Fragomeni concedes that manufacturing in composites – generative design produces curved, organic-type shapes – will present all-new and highly-significant difficulties.
The project continues the founder’s keenness for record-setting. The owner of a high-end auto sound system business for two decades past, he holds many Australian records for the loudest car stereo system, and still currently at 172.9 dB.
One of the major time investments along the way has been in attracting sponsorship and local interest. Though there are international relationships formed (such as with Airbus) and more recent enquiries made (the electrical motors and power drives have been of interest to Hyperloop, said Fragomeni), finding local support to engage actively has been challenging.
However, the Top EV team presses on, making advances, with a goal of bringing a collection of innovations to a sport that has seen progress by a lot of backyard science and incremental improvement since getting started in the 1950s, said Fragomeni.

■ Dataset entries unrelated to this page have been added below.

-- ===== src/Runtime/Dispatch/Completion.antt =====
-- A phase whose queue has run empty is complete, because the graph has no cycle.
use native.Mathlib.Decide.{dec_lt, ℕ_discrete}
use mmo_server.Common.{ℕ, zero, suc, ◌*◌, ◌≤◌, ◌<◌, ◌≡◌, ◌≢◌, ap, List, [], arith, count}
use mmo_server.Runtime.Graph.{TaskGraph}
use mmo_server.Runtime.Dispatch.{JobDispatch}
use mmo_server.Runtime.Dispatch.Counting.{sum_over-nodes, sum_to-cong, id-IsTask}
use mmo_server.Runtime.Dispatch.Setup.{IsWellFormed, IsTask, children, phase_of, node_id}
use mmo_server.Runtime.Dispatch.Edges.{Progress}
use mmo_server.Runtime.Dispatch.Draining.{finished_valid}

module _ (g : TaskGraph) (w : IsWellFormed g) (now : ℕ) (d : JobDispatch) (finished : List ℕ)
    (p : Progress g now d finished [] 0) (emptied : d.ready_queue ≡ []) where
  -- A task whose parents have all finished waits for nothing.
  released_by_parents :
      (c : ℕ)
      → IsTask g c
      → ((i : ℕ)
          → i < g.node_count
          → count c (children g (node_id g i)) ≢ 0
          → count (node_id g i) finished ≡ 1)
      → d.runtime_state c ≡ 0
  released_by_parents c task all = omega (
    arith,
    p.waits c task,
    w.counted c task,
    sum_over-nodes g.node_count (node_id g) g.task_id_to_node_index w.indexed
        (λ t. count c (children g t)) finished (finished_valid g w now d finished p),
    sum_to-cong g.node_count
        (λ i. count (node_id g i) finished * count c (children g (node_id g i)))
        (λ i. count c (children g (node_id g i))) (λ i h. share _ _ (all i h)),
  )
    where
      share : (a b : ℕ) → (b ≢ 0 → a ≡ 1) → a * b ≡ b
      share a b one = elim (ℕ_discrete b 0) [ yes e ↦ grind arith | no ne ↦ grind (arith, one ne) ]

  by_rank : (k c : ℕ) → w.rank c < k → IsTask g c → phase_of g c ≤ now → count c finished ≡ 1
  by_rank zero c small task h = absurd (omega arith)
  by_rank (suc k) c small task h = elim (dec_lt (phase_of g c) now) [
    | yes earlier ↦ (p.past c task earlier).1
    | no not_earlier ↦
        let zeroed : d.runtime_state c ≡ 0 = released_by_parents c task λ i low edge.
          let parent : IsTask g (node_id g i) =
            id-IsTask g.node_count (node_id g) g.task_id_to_node_index w.indexed i low in
          by_rank k (node_id g i) (omega (arith, w.ranked (node_id g i) c parent edge)) parent
            (omega (arith, w.forward (node_id g i) c parent edge)) in
        ground (arith, p.present c task (omega arith), zeroed, ap (count c) emptied)
  ]

  -- With the queue empty every task of this phase and of the earlier ones has finished, once.
  pub all_finished : (c : ℕ) → IsTask g c → phase_of g c ≤ now → count c finished ≡ 1
  all_finished c task h = by_rank (suc (w.rank c)) c (omega arith) task h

They’re also hoping to create a lot of records, noise, and excitement in front of crowds. Top Fuel devotees, used to the volume level of a jet taking off and plenty of nitro fire-ups, won’t be disappointed. Will the dragster fly along noiselessly? Absolutely not.
“It’s equivalent to more than 200,000 cordless drills … if you’re to lay out 200,000 cordless drills on an oval and pull the triggers at the same time, it’s not going to be quiet is it?” Fragomeni said.
“We’re also using cryogenics to cool the motor and inverters so we’re blowing off a lot of liquid nitrogen. The Top Fuel cars have big flames, we’re going to have big nitrogen fog clouds and icicles. So that’s an interesting comparison, they’re fire and we’re ice.”